### SOURCE DATA

————

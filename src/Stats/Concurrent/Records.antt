-- ===== src/Stats/Concurrent/Records.antt =====
-- The records that calls of `record_latency` keep when several threads make them at once.
use aeron_fast.Base.{
  ℕ, ◌+◌, ◌≤◌, ◌<◌, ◌≡◌, refl, sym, ap, ◌∙◌, ◌≢◌, ◌⊎◌, inl, inr, false, some, List, [], ◌∷◌, ◌++◌,
  arith, length, get_elem?, set, length-append, length-set, ◌==◌, Bool-cases, weigh, weigh-snoc,
  lt-get_elem?, weigh-set, get_elem?-set_cases, get_elem?-set_keeps, get_elem?-append_left,
  get_elem?-set_same, get_elem?-set_other,
}
use mathlib.Core.Bool.{true≢false}
use aeron_fast.Base.{get_elem?-append}
use aeron_fast.Stats.Defs.{DetailedRecords, detailed_record_count}
use aeron_fast.Stats.Concurrent.{Pc, System}
use aeron_fast.Stats.Concurrent.Slots.{unplaced_of, unplaced, is_storing}

-- The latencies of the slots taken so far, each still to be stored by the thread that took it, or
-- there.
pub record HasSlots (s : System) : Type 0 where
  pub slots : List ℕ
  pub taken : s.memory.records.recorded_count ≡ length slots
  pub room : length s.memory.records.latencies ≡ detailed_record_count
  pub from_calls : (w : ℕ → ℕ) → weigh w slots + unplaced w s.threads ≤ weigh w s.started
  pub owners :
      (i l slot : ℕ)
      → get_elem? s.threads i ≡ some (Pc.storing l slot)
      → get_elem? slots slot ≡ some l
  pub stored :
      (k : ℕ)
      → k < length slots
      → (get_elem? s.memory.records.latencies k ≡ get_elem? slots k)
        ⊎ ((i : ℕ) × (l : ℕ) × (get_elem? s.threads i ≡ some (Pc.storing l k)))

pub not_storing : {pc : Pc} {l slot : ℕ} → is_storing pc ≡ false → pc ≡ Pc.storing l slot → ⊥
not_storing p e = true≢false (sym (ap is_storing e) ∙ p)

storing_slot : {l l' slot slot' : ℕ} → Pc.storing l slot ≡ Pc.storing l' slot' → slot ≡ slot'
storing_slot e = cc e

storing_latency : {l l' slot slot' : ℕ} → Pc.storing l slot ≡ Pc.storing l' slot' → l ≡ l'
storing_latency e = cc e

le_or_same : (k n : ℕ) → k < n + 1 → (k < n) ⊎ (k ≡ n)
le_or_same k n p = omega arith

same_or_other : (m n : ℕ) → (m ≡ n) ⊎ (m ≢ n)
same_or_other m n = elim (Bool-cases (m == n)) [
  | inl p ↦ inl (ground (arith, p))
  | inr p ↦ inr (λ e. ground (arith, p, e))
]

-- A thread that was not storing does something that is not storing either, the records stay, and
-- the calls are the same or one more.
pub apart-HasSlots :
    (s t : System) (i : ℕ) (pc pc' : Pc)
    → get_elem? s.threads i ≡ some pc
    → t.threads ≡ set s.threads i pc'
    → t.memory.records ≡ s.memory.records
    → is_storing pc ≡ false
    → is_storing pc' ≡ false
    → ((w : ℕ → ℕ) → weigh w s.started + unplaced_of w pc' ≤ weigh w t.started + unplaced_of w pc)
    → HasSlots s
    → HasSlots t
apart-HasSlots s t i pc pc' e threads records a b fewer h = record {
  slots = h.slots;
  taken = rw records (h.taken);
  room = rw records (h.room);
  from_calls = λ w.
      rw threads
        (omega (arith, h.from_calls w, fewer w, weigh-set (unplaced_of w) s.threads i pc pc' e));
  owners = λ j l slot f.
      elim (get_elem?-set_cases s.threads i j pc' (Pc.storing l slot) (rw threads at f)) [
        | inl g ↦ absurd (not_storing b g)
        | inr g ↦ h.owners j l slot g
      ];
  stored = λ k p. elim (h.stored k p) [
    | inl g ↦ inl (ap (λ (r : DetailedRecords). get_elem? r.latencies k) records ∙ g)
    | inr (j, l, g) ↦ elim (get_elem?-set_keeps s.threads i j pc' (Pc.storing l k) pc g e) [
      | inl kept ↦ inr (j, l, rw threads kept)
      | inr same ↦ absurd (not_storing a same)
    ]
  ];
}

-- A thread takes the next slot.
pub takes-HasSlots :
    (s t : System) (i l c : ℕ)
    → get_elem? s.threads i ≡ some (Pc.appending l c)
    → t.threads ≡ set s.threads i (Pc.storing l c)
    → s.memory.records.recorded_count ≡ c
    → t.memory.records ≡ record (s.memory.records) { recorded_count = c + 1 }
    → t.started ≡ s.started
    → HasSlots s
    → HasSlots t
takes-HasSlots s t i l c e threads loaded records started h =
    let slots : List ℕ = h.slots ++ l ∷ [] in
    let longer : length slots ≡ length h.slots + 1 = length-append h.slots (l ∷ []) in
    let next : c ≡ length h.slots = sym loaded ∙ h.taken in
    record {
      slots = slots;
      taken = rw records (omega (arith, longer, next));
      room = rw records (h.room);
      from_calls = λ w.
          rw (threads, started)
            (omega (
              arith,
              h.from_calls w,
              weigh-snoc w h.slots l,
              weigh-set (unplaced_of w) s.threads i (Pc.appending l c) (Pc.storing l c) e,
            ));
      owners = λ j l' slot f.
          elim (get_elem?-set_cases s.threads i j (Pc.storing l c) (Pc.storing l' slot)
            (rw threads at f)) [
              | inl g ↦
                  ap (get_elem? slots) (sym (storing_slot g) ∙ next)
                  ∙ get_elem?-append h.slots l []
                  ∙ ap some (storing_latency g)
              | inr g ↦
                  (let old = h.owners j l' slot g in
                    get_elem?-append_left h.slots (l ∷ []) slot (lt-get_elem? h.slots slot l' old)
                    ∙ old)
            ];
      stored = λ k p. elim (le_or_same k (length h.slots) (omega (arith, p, longer))) [
        | inl earlier ↦ elim (h.stored k earlier) [
          | inl g ↦ inl (
              ap (λ (r : DetailedRecords). get_elem? r.latencies k) records
              ∙ g
              ∙ sym (get_elem?-append_left h.slots (l ∷ []) k earlier))
          | inr (j, l', g) ↦
              elim (get_elem?-set_keeps s.threads i j (Pc.storing l c) (Pc.storing l' k)
                (Pc.appending l c) g e) [
                  | inl kept ↦ inr (j, l', rw threads kept)
                  | inr same ↦ absurd (not_storing refl same)
                ]
        ]
        | inr last ↦ inr (
          i,
          l,
          rw (threads, last, sym next)
              (get_elem?-set_same s.threads i (Pc.storing l c)
                (lt-get_elem? s.threads i (Pc.appending l c) e)),
        )
      ];
    }

-- A thread fills the slot that it has taken.
pub fills-HasSlots :
    (s t : System) (i l slot : ℕ)
    → get_elem? s.threads i ≡ some (Pc.storing l slot)
    → t.threads ≡ set s.threads i Pc.idle
    → t.memory.records
      ≡ record (s.memory.records) { latencies = set s.memory.records.latencies slot l }
    → t.started ≡ s.started
    → s.memory.records.recorded_count ≤ detailed_record_count
    → HasSlots s
    → HasSlots t
fills-HasSlots s t i l slot e threads records started bound h =
    let own : get_elem? h.slots slot ≡ some l = h.owners i l slot e in
    let inside : slot < length s.memory.records.latencies =
      omega (arith, h.room, h.taken, bound, lt-get_elem? h.slots slot l own) in
    record {
      slots = h.slots;
      taken = rw records (h.taken);
      room = rw records (length-set s.memory.records.latencies slot l ∙ h.room);
      from_calls = λ w.
          rw (threads, started)
            (omega (
              arith,
              h.from_calls w,
              weigh-set (unplaced_of w) s.threads i (Pc.storing l slot) Pc.idle e,
            ));
      owners = λ j l' slot' f.
          elim (get_elem?-set_cases s.threads i j Pc.idle (Pc.storing l' slot') (rw threads at f)) [
            | inl g ↦ absurd (not_storing refl g)
            | inr g ↦ h.owners j l' slot' g
          ];
      stored = λ k p. elim (same_or_other slot k) [
        | inl same ↦ inl (
            ap (λ (r : DetailedRecords). get_elem? r.latencies k) records
            ∙ rw (sym same) (get_elem?-set_same s.memory.records.latencies slot l inside ∙ sym own))
        | inr other ↦ elim (h.stored k p) [
          | inl g ↦ inl (
              ap (λ (r : DetailedRecords). get_elem? r.latencies k) records
              ∙ get_elem?-set_other s.memory.records.latencies slot k l other
              ∙ g)
          | inr (j, l', g) ↦
              elim (get_elem?-set_keeps s.threads i j Pc.idle (Pc.storing l' k) (Pc.storing l slot)
                g e) [
                  | inl kept ↦ inr (j, l', rw threads kept)
                  | inr taken ↦ absurd (other (storing_slot taken))
                ]
        ]
      ];
    }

————

### PROMPT
Check each line above for the string "loaded", then copy the ones that have it.

### RESULT OF THIS EXERCISE
takes-HasSlots s t i l c e threads loaded records started h =
    let next : c ≡ length h.slots = sym loaded ∙ h.taken in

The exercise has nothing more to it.